Так же косо смотрели на парижанок и простые провансальцы. Однажды я пришел в магазин, где продавались преимущественно дамские товары, и удивился. Магазин был полон нарядных и изящных женщин, которые курили, говорили громко и сидели на прилавках и подоконниках, закинув ногу на ногу. Удивившись, я скромно отошел в уголок, наблюдая непривычное для этих мест зрелище. Хозяин, знавший меня, подошел ко мне и сказал тихонечко:
— Хорошо, не правда ли?
И тут же добавил снисходительно:
— Это парижанки.
На самом деле рядовая парижанка у себя дома скромная женщина, ложится спать в десять часов вечера. Если позже по улицам ходят и шумят какие-то «банды», так это русские. Она, конечно, называет своего мужа «mon vieux»[70], хотя ему тридцать лет, не тратит деньги попусту, крайне экономна и копит себе средства на старость.
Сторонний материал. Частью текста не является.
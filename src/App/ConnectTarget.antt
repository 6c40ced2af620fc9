-- ===== src/App/ConnectTarget.antt =====
-- `ConnectTarget` of src/server/app/connect_target.rs until a channel to the target is open.
pub mod Permitted
pub mod Checked
pub mod Requests
use rustion.Prelude.{
  ℕ, ◌%◌, Bool, true, false, not, ◌&&◌, Option, none, some, Result, ok, err, List, [], ◌∷◌, ◌==◌,
  find, if◌then◌else◌,
}
use mathlib.Core.Option
use rustion.Prelude.Actions.{Outcome, returned, failed, panicked}
use rustion.Prelude.Map.{HashMap, get, insert, remove}
use rustion.Prelude.Text.{Text, codes, text_eq}
use rustion.Casbin.Rules.{
  Uuid, Error, russh, app, RusshError, administratively_prohibited, send_error,
  channel_open_failure, other_russh, channel_record_exists, init_record_error,
  channel_notify_exists,
}
use rustion.Server.User.{User}
use rustion.App.World.{
  World, Target, TargetSecretName, Request, shell, exec, open_direct_tcpip, Window, Call,
  open_channel, request_pty, request_shell, request_exec, send, send_eof, change_window, Event,
  success, failure, close, called, replied, connected, recorder_made, recorded, logged, Modes,
  handle_input, handle_marker, handle_resize,
}
use rustion.App.Method.{
  Run, Method, pure, fail_with, panic, get_this, set_this, if_let, answer, note, perform, ask,
  match_result, ◌>>=◌, ◌>>◌,
}

-- A channel to the target, whole or only its write half.
pub data TargetChannel : Type 0 where
  channel_full channel_write_half : TargetChannel

pub record ConnectTarget : Type 0 where
  pub user : Option User
  pub target : Option Target
  pub target_channel : HashMap TargetChannel
  pub target_handle : Option ℕ
  pub target_sec_name : Option TargetSecretName
  -- The channels that have a sender in `notify`.
  pub notify : HashMap (Unit {0})
  pub record_session : HashMap Uuid

unfoldable pub new_connect_target : Option User → ConnectTarget
new_connect_target user = record {
  user = user;
  target = none;
  target_channel = [];
  target_handle = none;
  target_sec_name = none;
  notify = [];
  record_session = [];
}

unfoldable pub with_target : Option Target → ConnectTarget → ConnectTarget
with_target val c = record c { target = val }

unfoldable pub with_target_sec_name : Option TargetSecretName → ConnectTarget → ConnectTarget
with_target_sec_name val c = record c { target_sec_name = val }

-- The call of the trace that `c` makes on a channel.
abbrev pub call : ConnectTarget → ℕ → Call → Event
call c channel x =
    called (Option.map (λ (u : User). u.id) c.user)
      (Option.map (λ (t : TargetSecretName). t.id) c.target_sec_name) channel x

abbrev pub Self : Type 0 → Type 0
Self B = Method ConnectTarget B

module _ {Ip : Type 0} (W : World Ip) where
  unfoldable pub data_in : ℕ → Text → Self (Unit {0})
  unfolding perform
  data_in channel bytes = do
    c ← get_this
    if_let (get channel c.target_channel) (pure tt) (λ _. perform W (call c channel (send bytes)))
    if_let (get channel c.record_session) (pure tt) (λ r. note (recorded r (handle_input bytes)))

  unfoldable pub channel_eof : ℕ → Self (Unit {0})
  unfolding perform
  channel_eof channel = do
    c ← get_this
    if_let (get channel c.target_channel) (pure tt) (λ _. perform W (call c channel send_eof))

  unfoldable pub init_target : Text → Text → Self Bool
  init_target target_user target_name = do
    c ← get_this
    if_let c.user (pure false) (λ u. do
      targets ← answer (λ t. W.list_targets_for_user t u.id)
      if_let
          (find
            (λ (t : TargetSecretName).
              text_eq t.target_name target_name && text_eq t.secret_user target_user)
            targets)
          (pure false)
          (λ tsn. do
            found ← answer (λ t. W.get_target_by_id t tsn.target_id)
            if_let found (pure false) (λ t. do
              set_this (record c { target = some t; target_sec_name = some tsn })
              pure true)))

  unfoldable pub check_permission : Uuid → Option Ip → Self Bool
  unfolding ask
  check_permission action_uuid ip = do
    c ← get_this
    if_let c.user (pure false) (λ u.
        if_let c.target_sec_name (pure false)
          (λ tsn. if_let c.target (pure false) (λ t. ask W u.id tsn.id action_uuid ip)))

  unfoldable pub do_connect_to_target : Self (Unit {0})
  do_connect_to_target = do
    c ← get_this
    if_let c.target (pure tt) (λ t. if_let c.target_sec_name (pure tt) (λ tsn. do
      note (connected (Option.map (λ (u : User). u.id) c.user) tsn.id)
      handle ← answer (λ tr. W.connect_to_target tr t tsn.id)
      set_this (record c { target_handle = handle })))

  -- `handle.channel_open_session()` or `handle.channel_open_direct_tcpip(…)`, and what is kept of the
  -- channel that it gives.
  unfoldable pub open_on : ℕ → Request → ℕ → Method ConnectTarget (Result RusshError (Unit {0}))
  open_on channel request handle s = elim (W.open_channel_on s.trace handle request) [
    | err e ↦ (returned (err e), s)
    | ok _ ↦ (
      returned (ok tt),
      record s { trace = call s.this channel (open_channel request) ∷ s.trace },
    )
  ]

  unfoldable pub keep_channel : ℕ → Self Bool
  keep_channel channel = do
    c ← get_this
    set_this (record c { target_channel = insert channel channel_full c.target_channel })
    pure true

  -- `….await?` on the channel.
  unfoldable pub expect_channel : ℕ → Result RusshError (Unit {0}) → Self Bool
  unfolding keep_channel
  expect_channel channel (ok _) = keep_channel channel
  expect_channel channel (err e) = fail_with (russh e)

  -- The second attempt, after the connection was made again.
  unfoldable pub open_again : ℕ → Request → Self Bool
  unfolding do_connect_to_target open_on expect_channel
  open_again channel request = do
    do_connect_to_target
    c ← get_this
    if_let c.target_handle (pure false)
        (λ handle. do opened ← open_on channel request handle; expect_channel channel opened)

  -- The match on the first attempt.
  unfoldable pub accept_channel : ℕ → Request → Result RusshError (Unit {0}) → Self Bool
  unfolding keep_channel open_again
  accept_channel channel request (ok _) = keep_channel channel
  accept_channel channel request (err administratively_prohibited) = open_again channel request
  accept_channel channel request (err send_error) = open_again channel request
  accept_channel channel request (err (channel_open_failure n)) =
      fail_with (russh (channel_open_failure n))
  accept_channel channel request (err (other_russh n)) = fail_with (russh (other_russh n))

  unfoldable pub request_target_channel : ℕ → Request → Self Bool
  unfolding do_connect_to_target open_on accept_channel
  request_target_channel channel request = do
    do_connect_to_target
    c ← get_this
    if_let c.target_handle (pure false) (λ handle. do
      opened ← open_on channel request handle
      accept_channel channel request opened)

  unfoldable pub connect_to_target_without_pty : ℕ → Request → Self Bool
  unfolding request_target_channel perform
  connect_to_target_without_pty channel request = do
    opened ← request_target_channel channel request
    if opened then pure true else (perform W (replied channel close) >> pure false)

  -- The end of it: the row was stored, or not, and the recorder is kept.
  unfoldable pub keep_recording : ℕ → Uuid → Bool → Self Bool
  keep_recording channel recording stored = do
    c ← get_this
    if not stored then fail_with (app init_record_error) else (do
      set_this (record c { record_session = insert channel recording c.record_session })
      if_let (get channel c.record_session) (pure true)
          (λ _. fail_with (app channel_record_exists)))

  -- `SessionRecording::new`, the recorder, and the row in the database.
  unfoldable pub start_recording : ℕ → Self Bool
  unfolding perform keep_recording
  start_recording channel = do
    c ← get_this
    if_let c.target_sec_name panic (λ tsn. if_let c.user panic (λ u. do
      recording ← answer (λ t. ok (W.new_recording t))
      perform W (recorder_made channel recording)
      stored ← answer (λ t. ok (W.recording_stored t recording))
      keep_recording channel recording stored))

  unfoldable pub connect_to_target_with_pty : Text → Window → Modes → ℕ → Request → Self Bool
  unfolding request_target_channel perform start_recording
  connect_to_target_with_pty term window modes channel request = do
    opened ← request_target_channel channel request
    if not opened then (perform W (replied channel close) >> pure false) else (do
      c ← get_this
      if_let (get channel c.target_channel) panic (λ _. do
        perform W (call c channel (request_pty term window modes))
        if W.enable_record then start_recording channel else pure true))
Пока она молода, она весела и трудолюбива. Бесстыжие француженки обитают в так называемых boites, то есть в легкомысленных театрах, кафе-шантанах и так далее. Это все дота богатых иностранцев. Рядовая парижанка не ездит на юг купаться в море в обольстительных костюмах, так как на это у нее не хватает средств. Целое сословие так называемых «мидинеток» (от слова midi, что значит полдень, когда они бегут обедать в дешевые рестораны) составляют армию тружениц. Между прочим, это слово midinet долгое время французская Академия Наук не признавала, но потом отступила перед многочисленными представительницами этого понятия.